By Lijuan Wang, Qian Zhang, Scott E Maxwell and C S Bergeman

Abstract

Person-mean centering has been recommended for disaggregating between-person and within-person effects when modeling time-varying predictors. Multilevel modeling textbooks recommended global standardization for standardizing fixed effects. An aim of this study is to evaluate whether and when person-mean centering followed by global standardization can accurately estimate fixed-effects within-person relations (the estimand of interest in this study) in multilevel modeling. We analytically derived that global standardization generally yields inconsistent (asymptotically biased) estimates for the estimand when between-person differences in within-person standard deviations exist and the average within-person relation is nonzero. Alternatively, a person-mean-SD standardization (P-S) approach yields consistent estimates. Our simulation results further revealed (1) how misleading the results from global standardization were under various circumstances and (2) the P-S approach had accurate estimates and satisfactory coverage rates of fixed-effects within-person relations when the number of occasions is 30 or more (in many conditions, performance was satisfactory with 10 or 20 occasions). A daily diary data example, focused on emotional complexity, was used to empirically illustrate the approaches. Researchers should choose standardization approaches based on theoretical considerations and should clearly describe the purpose and procedure of standardization in research articles.

Primer

Issues about raw units

The interpretation of a raw within-person coefficient depends on the scale of two time-varying variables (so not meaningful if the scale itself is not meaningful)
Raw coefficients are generally not good effect size measures because they are not scale/unit invariant
Raw coefficient usually is less useful for comparing the strengths of within-person relations across different pairs of time-varying variables.

Formulation

Set-up

Given variable $X$ and $Y$ , the true within-person correlation is

\begin{align*} \rho_{w,i} &=\frac{E_i\left[(X_{it}-\mu_{X_i})(Y_{it}-\mu_{Y_i})|i\right]}{\sigma_{X_i}\sigma_{Y_i}} \\ \mu_{\rho w} &= E[\rho_{w,i}] \end{align*}

$\mu_{X_i} \& \mu_{Y_i}$ : Population within-person means
$\sigma_{X_i} \& \sigma_{Y_i}$ : Individual within-person standard deviations
$\mu_{\rho w}$ : is the average within-person correlation, generally the true parameter of interests.

Consistent Estimators

Let $r_{w,i} =\frac{\sum_t(x_{ti}-x_i)(y_{ti}-y_i)}{T*s_{xi}*s_{yi}}$ be the person-specific correlation estimators using the sample mean and within-person sample standard deviation, then generally we have the following multilevel models:

\begin{align*} r_{w,i} &= \rho_{w,i} + e_{it} \\ \rho_{w,i} &= \mu_{\rho w} + u_{1i} \end{align*}

So the estimator is a combination of true correlation and error, and true correlation is a combination of population mean and then person-specific variations.

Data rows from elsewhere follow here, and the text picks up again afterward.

-- ===== src/MapFiles/Wire/EmptyDir.antt =====
-- What an empty directory does to the transfer of mappings of Extensions/MapFiles/mapFiles.cpp.
use buildpal.Prelude.{
  ℕ, suc, ◌+◌, ◌-◌, ◌<◌, ◌≡◌, refl, ◌∙◌, some, List, [], ◌∷◌, ◌++◌, append_assoc, length, All,
  arith,
}
use buildpal.MapFiles.Pipe.{PipeApi, count_bytes, size_bytes, wide_bytes}
use buildpal.MapFiles.Mapping.{DirMap}
use buildpal.MapFiles.Wire.{returned, initialize, write_mappings}
use buildpal.MapFiles.Wire.Frames.{dirs_bytes, maps_bytes, write_mappings-bytes}
use buildpal.MapFiles.Wire.Read.{read_dir-end}
use buildpal.MapFiles.Wire.Roundtrip.{FitsDir, add_dirs, initialize-dirs, initialize-end}

dirs_bytes-append : (a b : DirMap) → dirs_bytes (a ++ b) ≡ dirs_bytes a ++ dirs_bytes b
dirs_bytes-append [] b = refl
dirs_bytes-append ((dir, files) ∷ a) b = simp (dirs_bytes-append a b, append_assoc)

module _ (os : PipeApi) where
  open os use {Pipe, contents}

  -- A directory without files ends the transfer: what stands behind it, in its own mapping and in
  -- the others, never reaches the child, which returns 0 all the same.
  pub initialize-empty_dir :
      (before after : DirMap) (dir : List ℕ) (maps : List DirMap) (fuel : ℕ) (p q : Pipe)
      (old : List ℕ) (m : DirMap)
      → All FitsDir before
      → contents p ≡ []
      → write_mappings os p ((before ++ (dir, []) ∷ after) ∷ maps) ≡ some q
      → length before < fuel
      → initialize os fuel q old m ≡ returned 0 (add_dirs before m)
  initialize-empty_dir before after dir maps fuel p q old m h empty written enough =
      let behind =
        (size_bytes (length dir) ++ wide_bytes dir)
        ++ (dirs_bytes after ++ (maps_bytes maps ++ 0 ∷ 0 ∷ 0 ∷ 0 ∷ [])) in
      let (a, n, ra, ca) =
        initialize-dirs os before (suc (fuel - length before - 1)) q old (count_bytes 0 ++ behind) m
          h
          (write_mappings-bytes os _ p q written ∙ simp (empty, dirs_bytes-append, append_assoc)) in
      let (b, rb, cb) = read_dir-end os a behind n ca in
      let split : fuel ≡ length before + suc (fuel - length before - 1) = omega arith in
      rw split (ra ∙ initialize-end os _ a b n _ rb)
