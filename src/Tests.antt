-- ===== src/Tests.antt =====
-- The theorems about the code, each at a concrete input.
mod Systems
mod Messages
mod Mappings
mod Transfers
mod Headers
mod Requests
mod Hooks
mod Conversations
mod Entries
mod Naive
mod Compilations
mod Injections
mod Bindings
mod Drivers
mod Loaders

Person-mean centering followed by global standardization formulation

The basic multilevel model (C1) is

\begin{align*} y_{it} &= \gamma_{0i}^{C1} + \gamma_{1i}^{C1}(x_{it}-x_i) + e_{it}^{C1} \\ \gamma_{0i}^{C1} &= \gamma_{00}^{C1} + \gamma_{01}^{C1}x_i + u_{0i}^{C1} \\ \gamma_{1i}^{C1} &= \gamma_{10}^{C1} + u_{1i}^{C1} \end{align*}

Without allowing variation to within-person effect $u_{1i}^{C1}$ , the estimation of within-person effect yielded inflated Type 1 error (false positive).
Including the term when there are no between-person variations of the within-person effect, the model has a higher non-convergence rate.
The person-mean centering is also conducted for the outcome variable implicitly. We can see that if we move the $\gamma_{0i}^{C1}$ to the other side.

A typical multilevel model with explicitly mean centering (C2): Notice the outcome variable is mean-centered with a sample instead of a latent estimate, and PC annotes as person-specific centering.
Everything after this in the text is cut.